In contract law, parties have an obligation to provide and investigate relevant information before entering into an agreement. This is particularly true in mergers and acquisitions, where the seller's duty of disclosure and the buyer's duty to investigate are central.
The seller must share essential information about the target company so that the buyer can make an informed decision. At the same time, the buyer must carefully research the company, also known as due diligence, to make an informed decision.
In practice, the seller's duty of disclosure is often given more weight than the buyer's duty to investigate. This is because the seller usually has more knowledge about the company and any defects. If the seller withholds essential information or provides misleading information, he cannot rely on the argument that the buyer could have discovered this through investigation. However, a summary communication from the seller can create a heavier duty of investigation for the buyer.
Relationship duties to warranties
As for warranties, they directly affect the buyer's duty to investigate. When the seller gives specific warranties about aspects of the business, such as tax issues, the buyer may reasonably do less extensive research on those aspects. The buyer may rely to some extent on the accuracy of the warranties, but this does not mean that the duty to investigate is completely removed. There are situations where the buyer has a duty to investigate the accuracy of the disclosures provided.
For example, if the seller guarantees that the financial documents are correct, the buyer may choose to do less in-depth financial research. Should it later turn out that the guarantee was false, the buyer can sue the seller for breach of that guarantee. This was highlighted in the World Online ruling, where sellers were held liable for providing inaccurate financial information.
Warranties in an acquisition contract or information in a Disclosure Letter supplement the seller's duty of disclosure. The seller can explicitly disclose certain information or exceptions to warranties through the Disclosure Letter. The buyer can then no longer base a warranty claim on matters that have been explicitly disclosed.
Rollback of acquisition due to mistake
An agreement can be voided based on "mistake," meaning that a party entered into an agreement based on inaccurate information. In mergers and acquisitions, this can lead to significant consequences, such as reversal of the acquisition and repayment of the purchase price. In practice, however, reversing an acquisition can be complex, especially if the company has already been integrated into the buyer's business. This is often referred to as "unscrambling scrambled eggs."
Rolling back an acquisition is extremely difficult and can lead to disruptions in the operations of both buyer and seller, especially if considerable time has passed since the acquisition. For this reason, extensive due diligence is often done, and warranties and mistake are carefully negotiated and sometimes excluded in the acquisition contract.

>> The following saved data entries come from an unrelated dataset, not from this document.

-- ===== src/Core/Serialization/Fields.antt =====
-- Messages as sequences of fields, written by the encoder and read back by the decoder of
-- crates/keymesh-core/src/serialization/mod.rs.
pub mod RoundTrip
pub mod Canonical
use key_mesh.Prelude.{
  ℕ, ◌+◌, ◌%◌, ◌^◌, ◌<◌, ◌≡◌, refl, sym, ap, ◌∙◌, List, [], ◌∷◌, ◌++◌, map, length, All, All-drop,
  arith, inl, inr, Bool-cases, append_assoc, append-nil, ◌==◌, not, true, false,
}
use key_mesh.Prelude.Bytes.{to_be_bytes, IsByte}
use key_mesh.Prelude.Outcome.{Result, ok, err}
use key_mesh.Core.Errors.{KeymeshError}
use key_mesh.Core.Serialization.{
  Encoder, new_encoder, into_bytes, write_u8, write_u64, write_bytes, Decoder, new_decoder, Read,
  advance, ◌▷◌, ◌>>=◌, finish, remaining, read_u8, read_u64, read_bytes,
}
use key_mesh.Core.Serialization.Decoding.{
  rest, remaining-length, rest-advance, rest-advance_width, read_u8-front, read_u64-to_be_bytes,
  read_bytes-front,
}
use key_mesh.Core.Serialization.Taking.{Took, Took-trans, read_u8-ok, read_u64-ok, read_bytes-ok}

pub data Field : Type 0 where
  u8 : ℕ → Field
  u64 : ℕ → Field
  blob : List ℕ → Field

pub data Kind : Type 0 where
  u8_kind u64_kind blob_kind : Kind

abbrev pub kind_of : Field → Kind
kind_of (u8 v) = u8_kind
kind_of (u64 v) = u64_kind
kind_of (blob bytes) = blob_kind

-- The field has the Rust type of its kind; a blob's length fits its prefix.
abbrev pub Fits : Field → Type 0
Fits (u8 v) = v < 256
Fits (u64 v) = v < 2 ^ 64
Fits (blob bytes) = length bytes < 2 ^ 32

unfoldable pub write_field : Field → Encoder → Encoder
write_field (u8 v) = write_u8 v
write_field (u64 v) = write_u64 v
write_field (blob bytes) = write_bytes bytes

unfoldable pub write_fields : List Field → Encoder → Encoder
unfolding write_field
write_fields [] enc = enc
write_fields (f ∷ fs) enc = write_fields fs (write_field f enc)

unfoldable pub read_field : Kind → Read Field
read_field u8_kind = do v ← read_u8; λ d. (ok (u8 v), d)
read_field u64_kind = do v ← read_u64; λ d. (ok (u64 v), d)
read_field blob_kind = do bytes ← read_bytes; λ d. (ok (blob bytes), d)

unfoldable pub read_fields : List Kind → Read (List Field)
read_fields [] = λ d. (ok [], d)
read_fields (k ∷ ks) = do f ← read_field k; fs ← read_fields ks; λ d. (ok (f ∷ fs), d)

finished : Result (List Field) KeymeshError × Decoder → Result (List Field) KeymeshError
finished (ok fs, d) = elim (finish d) [ ok _ ↦ ok fs | err e ↦ err e ]
finished (err e, d) = err e

unfoldable pub encode_fields : List Field → List ℕ
encode_fields fs = into_bytes (write_fields fs new_encoder)

-- All fields, and then nothing more.
unfoldable pub decode_fields : List Kind → List ℕ → Result (List Field) KeymeshError
unfolding finished
decode_fields ks bytes = finished (read_fields ks (new_decoder bytes))

-- The bytes of a field.
abbrev pub image : Field → List ℕ
image (u8 v) = v ∷ []
image (u64 v) = to_be_bytes 8 v
image (blob bytes) = to_be_bytes 4 (length bytes) ++ bytes

abbrev pub images : List Field → List ℕ
images [] = []
images (f ∷ fs) = image f ++ images fs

Recently, the Supreme Court ruled on error following a share transfer. The Council ruled that as a result of providing incorrect information during due diligence, the contract must be nullified, even if the shares had already been transferred and the target company had changed in the meantime. The argument that undoing would be objectionable was rejected by the Supreme Court.
Conclusion
The duty to investigate and disclose, warranties, mistake and the possibility of voiding a contract are essential issues in M&A transactions. A thorough understanding of the legal obligations is crucial to avoid disputes and ensure a successful transaction.